Einstürzende Neubauten - 11.11.2014 - Tempodrom

Einstürzende Neubauten

Einstürzende Neubauten

Ein Klagelied ist's geworden, das neue Album der Einstürzenden Neubauten. Wobei: das ist eigentlich schon nicht ganz korrekt. Denn LAMENT versteht sich gar nicht unbedingt als ordentliches neues Album - sondern eher als Studioversion einer Liveperformance. LAMENT sollte nicht einfach nur gehört, sondern vielmehr erlebt werden - als physische Performance. Mit Andrew Unruhs gigantischen Instrumenten und Geräten, die akustisch das Gefühl erzeugen, das so sehr zum Inhalt des Klagelieds passt wie kaum andere Klangerzeuger.
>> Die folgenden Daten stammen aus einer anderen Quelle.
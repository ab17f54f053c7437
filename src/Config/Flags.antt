-- ===== src/Config/Flags.antt =====
-- src/internal/config/config.go: `BindFlags`, and how the flags of a command line change the
-- settings. pflag is given by how it reads a value of each type; a command line is what pflag makes
-- of it, the names with their texts, without those that cobra adds.
pub mod Wins
pub mod Fields
use pg_k8s_proxy.Common.{
  ◌≡◌, ℤ, Bytes, Option, none, some, List, [], ◌∷◌, Bool, true, false, ◌||◌, Result, ok, err, ◌>>=◌,
  Assoc, lookup, bytes_keys, codes, text_eq,
}
use pg_k8s_proxy.Config.{Settings}

-- `Set` of a flag: whether the flag was set before, and the text.
abbrev pub Setter : Type 0
Setter = Bool → Bytes → Settings → Option Settings

pub data FlagError : Type 0 where
  unknown_flag : Bytes → FlagError
  bad_value : Bytes → Bytes → FlagError

pub record FlagTypes : Type 0 where
  pub parse_int : Bytes → Option ℤ
  pub parse_duration : Bytes → Option ℤ
  pub parse_bool : Bytes → Option Bool
  -- `Set` of a slice: whether it was set before, the text, and the slice.
  pub set_slice : Bool → Bytes → List Bytes → Option (List Bytes)
  -- The parse of a command line: the settings, and the names that were set.
  pub parse :
      Assoc Bytes Setter
      → List (Bytes × Bytes)
      → Settings
      → Result FlagError (Settings × List Bytes)

-- `StringVar`, and the values of `roleValue` and `tlsModeValue`.
abbrev pub text_var : (Bytes → Settings → Settings) → Setter
text_var put seen text c = some (put text c)

abbrev pub parsed_var : {A : Type 0} → (Bytes → Option A) → (A → Settings → Settings) → Setter
parsed_var parse put seen text c = elim (parse text) [ none ↦ none | some v ↦ some (put v c) ]

abbrev pub slice_var :
    FlagTypes → (Settings → List Bytes) → (List Bytes → Settings → Settings) → Setter
slice_var t get put seen text c = elim (t.set_slice seen text (get c)) [
  | none ↦ none
  | some v ↦ some (put v c)
]

unfoldable pub bind_flags : FlagTypes → Assoc Bytes Setter
bind_flags t =
    (codes "role", text_var (λ v c. record c { role = v }))
    ∷ (
      codes "proxy-bind-address",
      text_var (λ v c. record c { proxy = record (c.proxy) { bind_address = v } }),
    )
    ∷ (
      codes "proxy-max-connections",
      parsed_var t.parse_int (λ v c. record c { proxy = record (c.proxy) { max_connections = v } }),
    )
    ∷ (
      codes "proxy-startup-timeout",
      parsed_var t.parse_duration
          (λ v c. record c { proxy = record (c.proxy) { startup_timeout = v } }),
    )
    ∷ (
      codes "proxy-dial-timeout",
      parsed_var t.parse_duration
          (λ v c. record c { proxy = record (c.proxy) { dial_timeout = v } }),
    )
    ∷ (
      codes "proxy-shutdown-grace-period",
      parsed_var t.parse_duration
          (λ v c. record c { proxy = record (c.proxy) { shutdown_grace_period = v } }),
    )
    ∷ (
      codes "proxy-keepalive-period",
      parsed_var t.parse_duration
          (λ v c. record c { proxy = record (c.proxy) { keep_alive_period = v } }),
    )
    ∷ (
      codes "proxy-tls-mode",
      text_var (λ v c. record c { proxy = record (c.proxy) { tls_mode = v } }),
    )
    ∷ (
      codes "proxy-tls-cert-file",
      text_var (λ v c. record c { proxy = record (c.proxy) { tls_cert_file = v } }),
    )
    ∷ (
      codes "proxy-tls-key-file",
      text_var (λ v c. record c { proxy = record (c.proxy) { tls_key_file = v } }),
    )
    ∷ (
      codes "proxy-tls-client-ca-file",
      text_var (λ v c. record c { proxy = record (c.proxy) { tls_client_ca_file = v } }),
    )
    ∷ (
      codes "watch-namespaces",
      slice_var t (λ c. c.watch.namespaces)
          (λ v c. record c { watch = record (c.watch) { namespaces = v } }),
    )
    ∷ (
      codes "cluster-domain",
      text_var (λ v c. record c { watch = record (c.watch) { cluster_domain = v } }),
    )
    ∷ (
      codes "watch-secrets",
      parsed_var t.parse_bool (λ v c. record c { watch = record (c.watch) { watch_secrets = v } }),
    )
    ∷ (
      codes "service-discovery",
      parsed_var t.parse_bool
          (λ v c. record c { discovery = record (c.discovery) { enabled = v } }),
    )
    ∷ (
      codes "service-discovery-selector",
      text_var (λ v c. record c { discovery = record (c.discovery) { label_selector = v } }),
    )
    ∷ (
      codes "service-discovery-database-annotation",
      text_var (λ v c. record c { discovery = record (c.discovery) { database_annotation = v } }),
    )
    ∷ (
      codes "leader-elect",
      parsed_var t.parse_bool (λ v c. record c { leader = record (c.leader) { enabled = v } }),
    )
    ∷ (
      codes "leader-elect-id",
      text_var (λ v c. record c { leader = record (c.leader) { id = v } }),
    )
    ∷ (
      codes "leader-elect-namespace",
      text_var (λ v c. record c { leader = record (c.leader) { namespace = v } }),
    )
    ∷ (
      codes "leader-elect-lease-duration",
      parsed_var t.parse_duration
          (λ v c. record c { leader = record (c.leader) { lease_duration = v } }),
    )
    ∷ (
      codes "leader-elect-renew-deadline",
      parsed_var t.parse_duration
          (λ v c. record c { leader = record (c.leader) { renew_deadline = v } }),
    )
    ∷ (
      codes "leader-elect-retry-period",
      parsed_var t.parse_duration
          (λ v c. record c { leader = record (c.leader) { retry_period = v } }),
    )
    ∷ (codes "health-bind-address", text_var (λ v c. record c { health_bind_address = v }))
    ∷ (codes "metrics-bind-address", text_var (λ v c. record c { metrics_bind_address = v }))
    ∷ (codes "log-level", text_var (λ v c. record c { log_level = v }))
    ∷ (codes "log-format", text_var (λ v c. record c { log_format = v }))
    ∷ []

-- `Changed` of a flag set, by the names that were set.
abbrev pub is_changed : List Bytes → Bytes → Bool
is_changed [] name = false
is_changed (n ∷ ns) name = text_eq n name || is_changed ns name

-- What pflag documents of it: the flags are set one after the other, each is remembered as changed,
-- and the first that is not known or does not take its text ends it.
module _ (flags : Assoc Bytes Setter) where
  unfoldable pub set_flag :
      Bytes → Bytes → Settings × List Bytes → Result FlagError (Settings × List Bytes)
  set_flag name text (c, changed) = elim (lookup name flags) [
    | none ↦ err (unknown_flag name)
    | some set ↦ elim (set (is_changed changed name) text c) [
      | none ↦ err (bad_value name text)
      | some c' ↦ ok (c', name ∷ changed)
    ]
  ]

  unfoldable pub parse_flags :
      List (Bytes × Bytes) → Settings × List Bytes → Result FlagError (Settings × List Bytes)
  parse_flags [] s = ok s
  parse_flags ((name, text) ∷ args) s = do s' ← set_flag name text s; parse_flags args s'

pub record IsDocumented (t : FlagTypes) : Type 0 where
  pub parses :
      (flags : Assoc Bytes Setter) (args : List (Bytes × Bytes)) (c : Settings)
      → t.parse flags args c ≡ parse_flags flags args (c, [])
Dieser Inhalt nämlich ist: der 1. Weltkrieg. Die in der Tradition der Avantgarde stehenden Techniken der Einstürzenden Neubauten eignen sich wie kaum andere für die Beschäftigung mit diesem Weltereignis vor 100 Jahren: alles begann mit umfangreichen Recherchen von Ton-Aufnahmen aus den Jahren 1914-1916 von Kriegsgefangenen aus aller Welt (aufgenommen in einem der ersten großen Lager in der Nähe Berlins), aus dem Lautarchiv der Humboldt­Universität Berlin und dem Deutschen Rundfunkarchiv. Materialbesichtigungen im Militärhistorischen Museum Dresden und musikgeschichtliche Verbindungen von einem der ältesten musikalischen Formen (wie eben dem LAMENT, dem Klagelieg und der Motette eines flämischen Renaissancekomponisten, der wie viele der Tondokumente der Kriegsgefangenen, die biblische Geschichte vom verlorenen Sohn behandelt).

Das Instrumentarium der Neubauten aus Stahl, Stimme, objets trouvés und innovativster Technik wurde hierfür mit einem Streicher­Ensemble erweitert, verworfen und neu definiert. LAMENT muss als Gesamtwerk verstanden, gefühlt und erlebt werden, nicht als Ansammlung von "Songs". Schließlich enstand die Musik, all ihre Klänge und Geräusche, anhand der Geschichte, die erzählt werden sollte - die Art und Weise, wie LAMENT mit Original-Tondokumenten spielt, Wahrnehmungen erzeugt, Hymnen einwebt oder auch Klassiker zitiert, macht den Horror und das Grauen des Krieges deutlich.

Nicht zuletzt Blixa Bargelds Hypothese, der 1. Weltkrieg dauere an - die "Friedenszeiten" gewissermaßen als Pausen zum Luftholen anzusehen, und andere Kriegsschauplätze auf der Welt als Stellvertreterkriege - wird von LAMENT unterstützt.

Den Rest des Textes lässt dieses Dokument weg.